Abstract

Among existing knowledge graph based question answering (KGQA) methods, relation supervision methods require labeled intermediate relations for stepwise reasoning. To avoid this enormous cost of labeling on large-scale knowledge graphs, weak supervision methods, which use only the answer entity to evaluate rewards as supervision, have been introduced. However, lacking intermediate supervision raises the issue of sparse rewards, which may result in two types of incorrect reasoning path: (1) incorrectly reasoned relations, even when the final answer entity may be correct; (2) correctly reasoned relations in a wrong order, which leads to an incorrect answer entity. To address these issues, this paper considers the multi-hop KGQA task as a Markov decision process, and proposes a model based on Reward Integration and Policy Evaluation (RIPE). In this model, an integrated reward function is designed to evaluate the reasoning process by leveraging both terminal and instant rewards.
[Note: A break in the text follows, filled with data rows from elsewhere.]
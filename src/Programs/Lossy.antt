-- ===== src/Programs/Lossy.antt =====
-- The two programs on a network that may lose, repeat and reorder datagrams.
use mathlib.Core.Logic.{∥∥₁_elim}
use mathlib.Core.Logic.Or
use mathlib.Core.List.{Mem, map, mem-map, mem-cons, not-mem-nil}
use native.Mathlib.Bridge.{le_prop}
use kernel_udp_tcp.Prelude.{
  ℕ, ◌^◌, ◌<◌, ◌≡◌, refl, ap, sym, subst, ◌∙◌, Bool, true, List, [], ◌∷◌, some, length, All, Text,
  arith,
}
use kernel_udp_tcp.Asio.{Asio, Endpoint, InternetProtocol}
use kernel_udp_tcp.Asio.Action.{ok, ok->>=}
use kernel_udp_tcp.Asio.Success.{Succeeds}
use kernel_udp_tcp.UdpServer.{UdpServer}
use kernel_udp_tcp.UdpClient.{UdpClient, on_connected, on_joined}
use kernel_udp_tcp.UdpClient.Success.{Ready}
use kernel_udp_tcp.UdpClient.Connection.{run_connect}
use kernel_udp_tcp.Programs.MulticastServer.{message, broadcast_loop}
use kernel_udp_tcp.Programs.MulticastClient.{multicast_client}
use kernel_udp_tcp.Programs.Broadcast.{all_typed}
use kernel_udp_tcp.Programs.Listening.{Datagram, Listening, heard, arrive_all-heard}
use kernel_udp_tcp.Programs.Connecting.{run_connect-Listening}
use kernel_udp_tcp.Programs.Network.{
  Sends, datagrams, from, Fits, Fits-IsMessage, session, sent_by_loop,
}

-- A datagram is the message of a line that was typed.
abbrev pub Said : Endpoint → List Text → Datagram → Type 0
Said sender ls d = ∥ ((l : Text) × Mem l ls × ((sender, message l) ≡ d)) ∥₁

datagrams-map : (e : Endpoint) (ls : List Text) → datagrams e ls ≡ map (λ l. (e, message l)) ls
datagrams-map e [] = refl
datagrams-map e (l ∷ ls) = ap (◌∷◌ (e, message l)) (datagrams-map e ls)

Said-datagrams :
    (e : Endpoint) (ls : List Text) (d : Datagram) → Mem d (datagrams e ls) → Said e ls d
Said-datagrams e ls d m = mem-map.0 (subst (Mem d) (datagrams-map e ls) m)

-- A line that was typed fits, if all do.
mem-Fits :
    (room : ℕ) (ls : List Text) (l : Text)
    → All (Fits room) ls
    → Mem l ls
    → length (message l) < room
mem-Fits room [] l h m = absurd (not-mem-nil m)
mem-Fits room (k ∷ ls) l h m =
    Or.elim le_prop (mem-cons.0 m) (λ e. subst (λ x. length (message x) < room) (sym e) h.0.1)
      (mem-Fits room ls l h.1)

All-map :
    {P Q : Datagram → Type 0} (ds : List Datagram)
    → ((d : Datagram) → P d → Q d)
    → All P ds
    → All Q ds
All-map [] f h = tt
All-map (d ∷ ds) f h = (f d h.0, All-map ds f h.1)

Said-lt :
    (room : ℕ) (sender : Endpoint) (ls : List Text) (d : Datagram)
    → All (Fits room) ls
    → Said sender ls d
    → length d.1 < room
Said-lt room sender ls d h t =
    ∥∥₁_elim t le_prop λ p. subst (λ x. length x.1 < room) p.2 (mem-Fits room ls p.0 h p.1)

module _ {Socket Remote : Type 0} (asio : Asio Socket) (sent : Socket → List Datagram)
    (sends : Sends asio sent) (remote : Asio Remote) (IsClosed IsOpen : Remote → Type 0) (room : ℕ)
    (works : Succeeds remote IsClosed IsOpen room) (stop : Bool) (multicast : Text)
    (group : InternetProtocol × Text) (valid : remote.make_address multicast ≡ some group) where
  -- Whatever of what server.cpp sent a network brings to the client of client.cpp, in whatever
  -- order and however often, onReceived of the client is called with exactly what was brought, each
  -- of it the message of a line that was typed, and the client still listens. The calls of asio
  -- succeed, the lines are messages whose datagrams are shorter than the buffer of the client, and
  -- the client has connected before.
  pub only_typed_heard :
      (sender : Endpoint) (ls : List Text) (s u : UdpServer Socket) (c : UdpClient Remote)
      (ds : List Datagram)
      → s.started ≡ true
      → s.datagrams_sent < 2 ^ 64
      → sent s.socket ≡ []
      → All (Fits room) ls
      → broadcast_loop asio (all_typed ls) s ≡ some (ok tt u)
      → All (λ d. Mem d (from sender (sent u.socket))) ds
      → Ready remote c
      → IsClosed c.socket
      → (v : UdpClient Remote) × (session remote stop multicast ds c ≡ ok tt v)
        × (v.calls ≡ heard ds (on_joined multicast ∷ on_connected ∷ c.calls))
        × All (Said sender ls) ds
        × Listening room v
  only_typed_heard sender ls s u c ds on fits new small run brought ready closed =
      let carried =
        sent_by_loop asio sent sends sender ls s u on fits new (Fits-IsMessage room ls small) run in
      let typed =
        All-map ds (λ d m. Said-datagrams sender ls d (subst (Mem d) carried m)) brought in
      let (t, connected, listens, calls, zeroed, on_open) =
        run_connect-Listening remote IsClosed IsOpen room works stop multicast group valid c ready
          closed in
      let (v, came, again, all, total, kept) =
        arrive_all-heard remote stop multicast room ds t listens (omega (arith, zeroed))
          (All-map ds (λ d. Said-lt room sender ls d small) typed) in
      (
        v,
        ok->>= (run_connect remote (multicast_client remote stop multicast)) _ c connected ∙ came,
        all ∙ ap (heard ds) calls,
        typed,
        again,
      )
The intermediate supervision for each single reasoning hop is constructed with regard to both the fitness of the taken action and the evaluation of the unreasoned information remained in the updated question embeddings. In addition, to lead the agent to the answer entity along the correct reasoning path, an evaluation network is designed to evaluate the taken action in each hop. Extensive ablation studies and comparative experiments are conducted on four KGQA benchmark datasets. The results demonstrate that the proposed model outperforms the state-of-the-art approaches in terms of answering accuracy.